> About this task
Copy nothing but the lines below running from the line containing "-- Engine.Query; its error is always nil." through the line containing "(compute_budget opts.budget opts.depth)", both end lines included.

━━━ Dataset records ━━━

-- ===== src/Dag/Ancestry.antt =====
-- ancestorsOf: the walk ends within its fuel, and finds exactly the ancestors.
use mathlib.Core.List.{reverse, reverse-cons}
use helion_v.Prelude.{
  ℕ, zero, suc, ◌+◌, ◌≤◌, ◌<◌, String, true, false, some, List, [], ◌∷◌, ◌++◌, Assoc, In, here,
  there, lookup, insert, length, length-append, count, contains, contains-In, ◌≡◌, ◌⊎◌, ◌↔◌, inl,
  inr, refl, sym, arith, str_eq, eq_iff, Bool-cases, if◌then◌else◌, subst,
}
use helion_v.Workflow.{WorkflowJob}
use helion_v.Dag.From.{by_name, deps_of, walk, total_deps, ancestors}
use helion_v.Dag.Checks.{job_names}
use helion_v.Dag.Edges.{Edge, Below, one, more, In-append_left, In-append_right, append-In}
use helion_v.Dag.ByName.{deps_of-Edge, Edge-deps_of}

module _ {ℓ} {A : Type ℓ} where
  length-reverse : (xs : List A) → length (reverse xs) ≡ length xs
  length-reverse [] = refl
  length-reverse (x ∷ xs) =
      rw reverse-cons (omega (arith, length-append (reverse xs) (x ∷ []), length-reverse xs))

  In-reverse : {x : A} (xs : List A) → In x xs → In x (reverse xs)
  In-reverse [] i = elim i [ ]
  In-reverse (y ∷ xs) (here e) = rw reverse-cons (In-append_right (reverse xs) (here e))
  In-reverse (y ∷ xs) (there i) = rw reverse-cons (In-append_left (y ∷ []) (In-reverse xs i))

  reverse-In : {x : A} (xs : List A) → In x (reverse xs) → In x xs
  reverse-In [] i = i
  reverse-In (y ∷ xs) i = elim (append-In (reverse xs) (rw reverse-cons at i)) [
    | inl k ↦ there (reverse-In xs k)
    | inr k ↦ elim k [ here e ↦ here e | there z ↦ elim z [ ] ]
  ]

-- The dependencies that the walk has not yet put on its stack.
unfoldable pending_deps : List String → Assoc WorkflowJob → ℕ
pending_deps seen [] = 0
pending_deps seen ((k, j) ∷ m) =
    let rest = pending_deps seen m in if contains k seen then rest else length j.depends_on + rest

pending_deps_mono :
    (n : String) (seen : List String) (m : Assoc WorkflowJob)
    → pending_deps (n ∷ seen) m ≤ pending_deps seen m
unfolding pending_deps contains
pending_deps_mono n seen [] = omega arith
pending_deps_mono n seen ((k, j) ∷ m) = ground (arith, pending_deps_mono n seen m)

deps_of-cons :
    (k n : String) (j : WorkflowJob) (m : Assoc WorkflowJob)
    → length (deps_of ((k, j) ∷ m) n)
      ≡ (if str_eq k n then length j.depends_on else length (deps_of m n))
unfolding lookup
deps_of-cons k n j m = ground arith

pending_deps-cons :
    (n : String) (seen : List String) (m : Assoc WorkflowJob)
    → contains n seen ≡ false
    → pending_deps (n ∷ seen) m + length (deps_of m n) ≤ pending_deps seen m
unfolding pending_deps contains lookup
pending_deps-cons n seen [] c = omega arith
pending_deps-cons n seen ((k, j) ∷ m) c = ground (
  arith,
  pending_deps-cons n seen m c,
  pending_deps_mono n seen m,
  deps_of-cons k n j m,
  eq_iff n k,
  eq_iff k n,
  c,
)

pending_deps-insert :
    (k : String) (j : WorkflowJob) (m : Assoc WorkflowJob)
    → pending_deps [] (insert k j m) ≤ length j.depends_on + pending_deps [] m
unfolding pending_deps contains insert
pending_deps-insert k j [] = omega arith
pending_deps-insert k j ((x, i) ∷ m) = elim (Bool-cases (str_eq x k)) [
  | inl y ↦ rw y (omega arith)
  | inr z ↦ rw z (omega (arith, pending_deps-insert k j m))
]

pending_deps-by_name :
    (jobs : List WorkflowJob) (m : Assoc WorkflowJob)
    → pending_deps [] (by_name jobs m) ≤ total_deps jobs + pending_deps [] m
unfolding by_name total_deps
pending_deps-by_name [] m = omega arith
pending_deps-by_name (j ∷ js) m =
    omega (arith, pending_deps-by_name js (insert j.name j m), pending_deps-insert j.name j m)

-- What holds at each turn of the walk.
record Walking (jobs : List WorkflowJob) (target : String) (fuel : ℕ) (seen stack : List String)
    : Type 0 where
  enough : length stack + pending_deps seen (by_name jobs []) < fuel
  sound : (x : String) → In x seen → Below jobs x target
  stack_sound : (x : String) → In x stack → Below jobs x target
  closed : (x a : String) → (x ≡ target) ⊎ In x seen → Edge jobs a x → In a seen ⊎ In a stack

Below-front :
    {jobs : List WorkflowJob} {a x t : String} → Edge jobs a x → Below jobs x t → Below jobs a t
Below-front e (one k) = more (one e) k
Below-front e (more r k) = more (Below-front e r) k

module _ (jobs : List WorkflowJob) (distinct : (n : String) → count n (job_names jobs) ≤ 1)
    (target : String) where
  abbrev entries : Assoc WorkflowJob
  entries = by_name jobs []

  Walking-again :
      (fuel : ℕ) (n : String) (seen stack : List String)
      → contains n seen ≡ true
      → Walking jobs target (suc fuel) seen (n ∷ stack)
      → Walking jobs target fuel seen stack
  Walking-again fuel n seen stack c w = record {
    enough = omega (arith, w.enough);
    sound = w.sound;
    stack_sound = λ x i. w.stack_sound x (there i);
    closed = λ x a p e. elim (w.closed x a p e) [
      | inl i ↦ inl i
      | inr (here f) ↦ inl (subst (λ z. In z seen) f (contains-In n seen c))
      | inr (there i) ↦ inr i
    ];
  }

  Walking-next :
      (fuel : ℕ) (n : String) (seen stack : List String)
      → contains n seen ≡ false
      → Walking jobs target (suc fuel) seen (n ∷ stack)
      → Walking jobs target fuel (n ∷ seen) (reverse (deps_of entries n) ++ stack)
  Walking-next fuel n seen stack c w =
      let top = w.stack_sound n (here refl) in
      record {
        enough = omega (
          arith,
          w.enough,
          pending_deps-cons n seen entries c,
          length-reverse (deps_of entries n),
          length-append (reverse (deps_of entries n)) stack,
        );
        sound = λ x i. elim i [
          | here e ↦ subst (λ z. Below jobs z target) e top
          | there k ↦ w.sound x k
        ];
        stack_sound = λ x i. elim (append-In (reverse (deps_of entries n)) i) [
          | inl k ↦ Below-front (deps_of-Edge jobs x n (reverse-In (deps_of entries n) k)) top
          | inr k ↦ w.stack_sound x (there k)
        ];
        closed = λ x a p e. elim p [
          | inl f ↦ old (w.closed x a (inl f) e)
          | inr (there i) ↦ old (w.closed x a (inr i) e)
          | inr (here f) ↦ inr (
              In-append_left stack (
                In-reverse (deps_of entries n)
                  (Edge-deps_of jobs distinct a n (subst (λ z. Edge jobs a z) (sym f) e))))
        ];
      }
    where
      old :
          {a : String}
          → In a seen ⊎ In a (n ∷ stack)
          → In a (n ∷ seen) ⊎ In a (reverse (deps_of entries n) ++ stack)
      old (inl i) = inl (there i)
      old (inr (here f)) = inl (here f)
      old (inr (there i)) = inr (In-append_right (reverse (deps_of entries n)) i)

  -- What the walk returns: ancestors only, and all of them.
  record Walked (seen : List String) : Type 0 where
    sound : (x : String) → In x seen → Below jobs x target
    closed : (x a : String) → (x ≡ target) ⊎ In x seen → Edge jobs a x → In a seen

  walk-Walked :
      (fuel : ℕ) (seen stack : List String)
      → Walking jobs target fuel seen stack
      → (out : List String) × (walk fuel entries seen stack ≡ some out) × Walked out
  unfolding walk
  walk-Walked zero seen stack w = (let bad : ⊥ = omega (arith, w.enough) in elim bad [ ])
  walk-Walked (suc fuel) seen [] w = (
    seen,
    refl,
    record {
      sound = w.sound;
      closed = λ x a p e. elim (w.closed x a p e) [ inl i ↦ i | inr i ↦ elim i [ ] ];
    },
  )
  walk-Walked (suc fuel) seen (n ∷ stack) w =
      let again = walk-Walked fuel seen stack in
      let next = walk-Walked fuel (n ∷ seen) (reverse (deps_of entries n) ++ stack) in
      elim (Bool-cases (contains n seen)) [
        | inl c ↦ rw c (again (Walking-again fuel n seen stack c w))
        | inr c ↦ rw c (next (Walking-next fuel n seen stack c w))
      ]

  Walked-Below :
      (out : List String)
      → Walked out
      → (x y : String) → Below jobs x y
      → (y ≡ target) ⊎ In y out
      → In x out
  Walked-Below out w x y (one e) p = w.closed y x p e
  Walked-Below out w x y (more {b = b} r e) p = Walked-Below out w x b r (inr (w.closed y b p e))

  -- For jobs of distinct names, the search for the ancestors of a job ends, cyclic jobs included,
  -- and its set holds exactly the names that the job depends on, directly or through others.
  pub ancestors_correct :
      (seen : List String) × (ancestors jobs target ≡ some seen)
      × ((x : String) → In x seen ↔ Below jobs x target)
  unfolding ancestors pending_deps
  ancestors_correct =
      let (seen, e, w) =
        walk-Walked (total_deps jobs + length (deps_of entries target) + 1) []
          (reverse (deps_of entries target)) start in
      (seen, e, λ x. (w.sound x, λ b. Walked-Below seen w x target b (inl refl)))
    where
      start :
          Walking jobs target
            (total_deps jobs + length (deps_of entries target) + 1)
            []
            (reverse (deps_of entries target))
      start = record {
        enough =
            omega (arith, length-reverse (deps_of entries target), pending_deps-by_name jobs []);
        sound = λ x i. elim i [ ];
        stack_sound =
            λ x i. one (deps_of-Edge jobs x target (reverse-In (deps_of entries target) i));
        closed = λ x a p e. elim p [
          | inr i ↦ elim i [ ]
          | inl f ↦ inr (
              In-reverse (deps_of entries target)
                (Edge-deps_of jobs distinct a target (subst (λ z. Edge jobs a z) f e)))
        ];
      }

━━━
━━━ Dataset records ━━━

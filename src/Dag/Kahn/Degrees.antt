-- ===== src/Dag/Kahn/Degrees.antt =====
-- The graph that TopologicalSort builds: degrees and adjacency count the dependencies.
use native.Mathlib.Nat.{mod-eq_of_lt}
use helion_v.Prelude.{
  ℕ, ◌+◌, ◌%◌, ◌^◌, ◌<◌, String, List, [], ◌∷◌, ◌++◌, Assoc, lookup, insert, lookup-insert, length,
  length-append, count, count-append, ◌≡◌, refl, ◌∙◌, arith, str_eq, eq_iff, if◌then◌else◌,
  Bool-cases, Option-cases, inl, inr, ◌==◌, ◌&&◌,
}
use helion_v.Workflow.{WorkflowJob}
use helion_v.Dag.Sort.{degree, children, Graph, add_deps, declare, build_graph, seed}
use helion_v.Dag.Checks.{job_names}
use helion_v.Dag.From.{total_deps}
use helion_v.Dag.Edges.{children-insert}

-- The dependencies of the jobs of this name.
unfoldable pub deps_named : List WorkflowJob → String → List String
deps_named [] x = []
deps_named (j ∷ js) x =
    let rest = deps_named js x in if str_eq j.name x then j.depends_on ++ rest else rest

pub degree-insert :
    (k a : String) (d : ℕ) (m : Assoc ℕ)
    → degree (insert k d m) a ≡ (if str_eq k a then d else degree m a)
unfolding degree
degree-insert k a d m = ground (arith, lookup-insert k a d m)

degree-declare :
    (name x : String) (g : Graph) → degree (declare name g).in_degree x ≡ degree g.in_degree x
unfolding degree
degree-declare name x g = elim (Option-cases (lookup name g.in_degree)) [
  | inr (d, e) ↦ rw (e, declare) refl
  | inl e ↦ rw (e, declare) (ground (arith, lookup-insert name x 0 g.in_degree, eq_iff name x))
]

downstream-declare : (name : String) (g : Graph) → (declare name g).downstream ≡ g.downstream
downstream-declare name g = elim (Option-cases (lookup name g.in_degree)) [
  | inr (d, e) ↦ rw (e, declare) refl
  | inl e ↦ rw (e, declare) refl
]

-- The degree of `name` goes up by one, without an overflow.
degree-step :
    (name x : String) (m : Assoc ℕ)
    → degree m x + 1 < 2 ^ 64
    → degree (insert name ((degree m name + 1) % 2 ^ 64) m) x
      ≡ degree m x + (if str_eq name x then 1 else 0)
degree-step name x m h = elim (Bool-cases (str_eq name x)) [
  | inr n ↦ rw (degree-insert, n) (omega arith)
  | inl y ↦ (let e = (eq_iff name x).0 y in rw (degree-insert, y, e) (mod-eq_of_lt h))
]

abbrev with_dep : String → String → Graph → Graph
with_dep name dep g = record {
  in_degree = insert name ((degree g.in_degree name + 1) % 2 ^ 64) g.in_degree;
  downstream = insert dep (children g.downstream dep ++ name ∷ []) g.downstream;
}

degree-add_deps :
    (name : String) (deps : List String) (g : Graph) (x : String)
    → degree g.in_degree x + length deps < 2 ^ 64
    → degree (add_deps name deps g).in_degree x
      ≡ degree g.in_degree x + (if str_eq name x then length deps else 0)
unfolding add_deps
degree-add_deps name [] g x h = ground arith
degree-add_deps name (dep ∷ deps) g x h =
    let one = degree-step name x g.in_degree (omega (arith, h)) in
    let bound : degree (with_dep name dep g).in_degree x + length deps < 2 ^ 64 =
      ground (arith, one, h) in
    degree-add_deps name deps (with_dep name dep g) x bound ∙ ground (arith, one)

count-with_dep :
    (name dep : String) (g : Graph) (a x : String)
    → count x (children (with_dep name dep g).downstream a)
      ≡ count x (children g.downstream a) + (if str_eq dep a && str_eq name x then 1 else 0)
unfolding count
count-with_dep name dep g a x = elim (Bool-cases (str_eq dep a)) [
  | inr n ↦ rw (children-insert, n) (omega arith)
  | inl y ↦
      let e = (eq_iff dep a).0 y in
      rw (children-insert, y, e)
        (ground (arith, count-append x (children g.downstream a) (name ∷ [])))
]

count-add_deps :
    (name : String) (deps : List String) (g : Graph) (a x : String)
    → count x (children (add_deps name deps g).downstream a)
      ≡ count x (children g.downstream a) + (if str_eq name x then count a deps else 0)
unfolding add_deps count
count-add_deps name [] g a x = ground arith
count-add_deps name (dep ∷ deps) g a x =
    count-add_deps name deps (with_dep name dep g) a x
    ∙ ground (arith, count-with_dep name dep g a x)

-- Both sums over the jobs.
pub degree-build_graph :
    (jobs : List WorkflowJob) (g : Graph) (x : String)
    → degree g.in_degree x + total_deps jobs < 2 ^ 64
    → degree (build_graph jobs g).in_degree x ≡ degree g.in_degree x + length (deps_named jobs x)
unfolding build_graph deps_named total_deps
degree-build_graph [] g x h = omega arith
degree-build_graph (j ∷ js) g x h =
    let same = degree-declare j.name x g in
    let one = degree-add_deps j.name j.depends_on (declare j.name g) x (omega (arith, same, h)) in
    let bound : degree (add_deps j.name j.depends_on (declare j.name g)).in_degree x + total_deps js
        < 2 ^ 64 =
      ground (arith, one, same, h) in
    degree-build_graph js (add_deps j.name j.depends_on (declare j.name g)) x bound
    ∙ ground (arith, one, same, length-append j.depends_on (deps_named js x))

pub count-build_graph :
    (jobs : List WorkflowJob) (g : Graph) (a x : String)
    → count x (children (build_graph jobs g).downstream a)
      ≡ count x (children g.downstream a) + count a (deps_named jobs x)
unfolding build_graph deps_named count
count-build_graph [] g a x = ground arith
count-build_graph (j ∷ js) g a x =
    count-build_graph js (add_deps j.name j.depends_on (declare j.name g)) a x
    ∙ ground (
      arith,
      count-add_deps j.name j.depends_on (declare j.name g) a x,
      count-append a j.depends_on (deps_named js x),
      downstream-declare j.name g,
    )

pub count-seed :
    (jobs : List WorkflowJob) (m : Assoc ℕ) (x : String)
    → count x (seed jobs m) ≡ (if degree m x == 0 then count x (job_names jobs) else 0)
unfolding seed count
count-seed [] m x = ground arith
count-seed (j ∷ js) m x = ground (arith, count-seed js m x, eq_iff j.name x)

━━━
━━━ Dataset records ━━━

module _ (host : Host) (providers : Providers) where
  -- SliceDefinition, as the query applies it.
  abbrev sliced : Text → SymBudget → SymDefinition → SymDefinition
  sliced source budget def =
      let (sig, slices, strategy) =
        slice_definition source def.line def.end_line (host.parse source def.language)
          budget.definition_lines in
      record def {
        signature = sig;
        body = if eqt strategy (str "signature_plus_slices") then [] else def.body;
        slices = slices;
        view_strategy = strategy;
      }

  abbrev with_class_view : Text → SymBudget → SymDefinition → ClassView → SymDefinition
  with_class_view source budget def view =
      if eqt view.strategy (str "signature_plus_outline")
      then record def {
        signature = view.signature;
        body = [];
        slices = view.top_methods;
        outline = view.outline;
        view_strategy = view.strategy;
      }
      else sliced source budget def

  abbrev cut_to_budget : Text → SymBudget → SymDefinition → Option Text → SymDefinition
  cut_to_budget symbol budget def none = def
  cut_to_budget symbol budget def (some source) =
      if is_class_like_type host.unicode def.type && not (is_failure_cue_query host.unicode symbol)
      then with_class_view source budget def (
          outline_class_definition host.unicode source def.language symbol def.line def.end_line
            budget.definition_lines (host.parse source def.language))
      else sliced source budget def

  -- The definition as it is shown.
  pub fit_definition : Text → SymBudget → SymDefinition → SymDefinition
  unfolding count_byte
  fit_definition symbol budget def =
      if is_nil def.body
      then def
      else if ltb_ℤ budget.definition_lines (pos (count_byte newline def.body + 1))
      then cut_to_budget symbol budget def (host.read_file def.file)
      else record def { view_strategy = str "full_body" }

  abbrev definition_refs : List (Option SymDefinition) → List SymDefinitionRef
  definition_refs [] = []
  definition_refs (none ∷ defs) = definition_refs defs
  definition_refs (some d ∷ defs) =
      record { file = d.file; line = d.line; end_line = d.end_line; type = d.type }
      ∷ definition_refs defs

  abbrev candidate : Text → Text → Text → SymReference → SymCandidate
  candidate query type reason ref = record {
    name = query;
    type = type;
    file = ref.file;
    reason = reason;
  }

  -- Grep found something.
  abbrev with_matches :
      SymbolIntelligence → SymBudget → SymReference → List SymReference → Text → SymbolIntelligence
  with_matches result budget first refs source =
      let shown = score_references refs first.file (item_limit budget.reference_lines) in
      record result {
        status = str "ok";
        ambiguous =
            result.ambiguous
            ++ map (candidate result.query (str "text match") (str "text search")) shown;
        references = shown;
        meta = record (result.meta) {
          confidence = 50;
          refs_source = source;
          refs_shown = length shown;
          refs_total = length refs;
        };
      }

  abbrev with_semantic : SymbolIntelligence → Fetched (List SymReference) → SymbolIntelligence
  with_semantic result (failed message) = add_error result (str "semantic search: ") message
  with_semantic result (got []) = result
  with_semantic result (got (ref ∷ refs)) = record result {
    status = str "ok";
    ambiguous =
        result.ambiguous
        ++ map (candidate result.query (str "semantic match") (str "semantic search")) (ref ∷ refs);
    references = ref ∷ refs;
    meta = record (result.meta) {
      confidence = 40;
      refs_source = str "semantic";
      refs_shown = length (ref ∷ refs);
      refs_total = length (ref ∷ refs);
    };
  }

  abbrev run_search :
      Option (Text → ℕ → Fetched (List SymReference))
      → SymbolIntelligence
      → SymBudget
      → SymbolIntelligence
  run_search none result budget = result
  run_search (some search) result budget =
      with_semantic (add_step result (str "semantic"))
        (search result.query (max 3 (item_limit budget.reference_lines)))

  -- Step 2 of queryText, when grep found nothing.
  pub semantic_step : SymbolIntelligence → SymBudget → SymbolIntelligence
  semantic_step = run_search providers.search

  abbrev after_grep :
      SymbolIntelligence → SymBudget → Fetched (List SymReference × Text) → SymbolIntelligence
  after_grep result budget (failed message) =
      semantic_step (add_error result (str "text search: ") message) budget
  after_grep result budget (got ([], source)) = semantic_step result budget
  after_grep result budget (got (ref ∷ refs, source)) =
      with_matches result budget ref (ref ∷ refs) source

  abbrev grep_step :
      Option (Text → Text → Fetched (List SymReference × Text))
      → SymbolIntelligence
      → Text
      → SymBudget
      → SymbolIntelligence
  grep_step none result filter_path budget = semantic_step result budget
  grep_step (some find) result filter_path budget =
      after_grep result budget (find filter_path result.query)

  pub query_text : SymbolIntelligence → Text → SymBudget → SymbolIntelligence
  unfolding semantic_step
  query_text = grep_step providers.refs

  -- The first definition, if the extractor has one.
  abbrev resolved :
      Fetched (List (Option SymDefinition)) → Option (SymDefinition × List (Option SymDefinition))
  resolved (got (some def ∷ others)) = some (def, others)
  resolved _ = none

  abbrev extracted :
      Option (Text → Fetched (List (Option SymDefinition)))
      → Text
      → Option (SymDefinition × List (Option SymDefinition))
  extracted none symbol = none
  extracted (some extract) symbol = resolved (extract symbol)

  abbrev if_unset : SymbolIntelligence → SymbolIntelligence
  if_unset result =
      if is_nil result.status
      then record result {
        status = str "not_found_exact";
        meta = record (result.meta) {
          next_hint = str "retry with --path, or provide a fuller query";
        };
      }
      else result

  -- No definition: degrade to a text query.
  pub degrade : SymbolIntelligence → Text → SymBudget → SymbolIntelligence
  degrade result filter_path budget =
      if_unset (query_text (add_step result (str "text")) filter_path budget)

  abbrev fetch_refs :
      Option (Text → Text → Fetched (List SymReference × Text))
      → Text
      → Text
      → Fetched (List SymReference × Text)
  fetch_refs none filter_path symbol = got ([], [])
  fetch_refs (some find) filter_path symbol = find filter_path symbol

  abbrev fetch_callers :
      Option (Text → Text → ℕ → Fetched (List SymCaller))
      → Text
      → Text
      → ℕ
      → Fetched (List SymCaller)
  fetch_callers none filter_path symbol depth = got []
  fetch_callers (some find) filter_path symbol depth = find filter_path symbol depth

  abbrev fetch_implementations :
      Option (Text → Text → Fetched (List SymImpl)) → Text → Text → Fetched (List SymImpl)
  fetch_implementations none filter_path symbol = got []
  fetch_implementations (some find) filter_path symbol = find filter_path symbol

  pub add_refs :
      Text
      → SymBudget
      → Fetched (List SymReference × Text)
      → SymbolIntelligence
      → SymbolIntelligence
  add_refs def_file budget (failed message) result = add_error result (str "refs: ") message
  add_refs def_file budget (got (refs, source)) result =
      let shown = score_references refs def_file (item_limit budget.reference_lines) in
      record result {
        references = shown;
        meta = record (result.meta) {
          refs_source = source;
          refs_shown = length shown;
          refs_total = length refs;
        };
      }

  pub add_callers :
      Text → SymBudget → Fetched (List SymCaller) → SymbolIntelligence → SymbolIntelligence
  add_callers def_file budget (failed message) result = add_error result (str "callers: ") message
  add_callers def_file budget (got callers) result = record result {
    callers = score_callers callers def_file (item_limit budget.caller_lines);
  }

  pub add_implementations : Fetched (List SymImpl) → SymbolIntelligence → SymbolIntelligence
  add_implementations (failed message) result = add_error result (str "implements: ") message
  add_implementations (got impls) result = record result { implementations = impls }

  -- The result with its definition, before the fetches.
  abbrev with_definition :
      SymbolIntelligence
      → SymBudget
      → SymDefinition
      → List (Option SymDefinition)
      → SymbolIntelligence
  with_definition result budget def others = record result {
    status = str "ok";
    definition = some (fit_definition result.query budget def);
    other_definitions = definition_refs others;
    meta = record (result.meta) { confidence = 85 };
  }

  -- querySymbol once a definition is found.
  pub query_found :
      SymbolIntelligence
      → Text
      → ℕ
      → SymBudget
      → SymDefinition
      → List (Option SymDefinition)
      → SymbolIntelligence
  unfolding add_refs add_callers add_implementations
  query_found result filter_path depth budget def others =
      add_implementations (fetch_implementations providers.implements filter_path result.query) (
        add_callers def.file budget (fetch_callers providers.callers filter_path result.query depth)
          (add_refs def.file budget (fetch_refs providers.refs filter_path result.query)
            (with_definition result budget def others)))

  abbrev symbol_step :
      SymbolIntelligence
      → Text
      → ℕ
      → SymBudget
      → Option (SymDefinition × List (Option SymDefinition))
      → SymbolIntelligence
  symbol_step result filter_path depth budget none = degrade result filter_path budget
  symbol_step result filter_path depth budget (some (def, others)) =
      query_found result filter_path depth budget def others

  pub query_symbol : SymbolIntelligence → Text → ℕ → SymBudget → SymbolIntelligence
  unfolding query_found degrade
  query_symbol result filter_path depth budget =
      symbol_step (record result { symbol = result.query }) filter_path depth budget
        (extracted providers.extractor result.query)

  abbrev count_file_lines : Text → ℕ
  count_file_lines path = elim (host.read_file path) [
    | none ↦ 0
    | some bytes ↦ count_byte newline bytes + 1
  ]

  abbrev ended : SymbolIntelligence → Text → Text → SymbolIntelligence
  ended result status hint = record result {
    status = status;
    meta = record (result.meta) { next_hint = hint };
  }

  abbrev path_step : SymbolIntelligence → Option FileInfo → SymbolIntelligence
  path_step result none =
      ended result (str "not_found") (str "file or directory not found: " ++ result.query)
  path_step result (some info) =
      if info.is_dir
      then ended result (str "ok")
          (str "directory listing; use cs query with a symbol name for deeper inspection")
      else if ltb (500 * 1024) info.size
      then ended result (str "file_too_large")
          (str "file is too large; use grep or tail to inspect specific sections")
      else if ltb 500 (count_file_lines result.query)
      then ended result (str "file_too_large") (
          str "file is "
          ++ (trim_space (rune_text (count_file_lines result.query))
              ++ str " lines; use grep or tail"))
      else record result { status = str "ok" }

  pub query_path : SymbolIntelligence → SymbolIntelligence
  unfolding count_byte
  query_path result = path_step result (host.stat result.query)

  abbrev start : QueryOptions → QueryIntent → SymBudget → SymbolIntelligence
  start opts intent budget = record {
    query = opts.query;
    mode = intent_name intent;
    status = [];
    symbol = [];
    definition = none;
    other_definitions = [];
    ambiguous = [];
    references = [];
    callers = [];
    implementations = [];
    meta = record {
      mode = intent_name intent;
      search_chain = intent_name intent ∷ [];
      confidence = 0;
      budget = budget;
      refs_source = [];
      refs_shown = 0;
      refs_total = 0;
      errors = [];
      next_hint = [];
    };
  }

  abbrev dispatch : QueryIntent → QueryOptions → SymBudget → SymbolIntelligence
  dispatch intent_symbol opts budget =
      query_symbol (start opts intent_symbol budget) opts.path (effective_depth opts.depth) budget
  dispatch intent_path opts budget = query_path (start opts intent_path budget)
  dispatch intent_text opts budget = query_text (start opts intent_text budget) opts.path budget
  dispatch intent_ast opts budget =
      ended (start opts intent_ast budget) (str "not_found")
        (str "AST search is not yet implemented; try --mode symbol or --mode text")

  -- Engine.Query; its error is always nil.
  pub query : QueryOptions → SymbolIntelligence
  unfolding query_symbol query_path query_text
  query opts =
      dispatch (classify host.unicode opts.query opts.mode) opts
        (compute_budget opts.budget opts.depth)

━━━

> Result
  -- Engine.Query; its error is always nil.
  pub query : QueryOptions → SymbolIntelligence
  unfolding query_symbol query_path query_text
  query opts =
      dispatch (classify host.unicode opts.query opts.mode) opts
        (compute_budget opts.budget opts.depth)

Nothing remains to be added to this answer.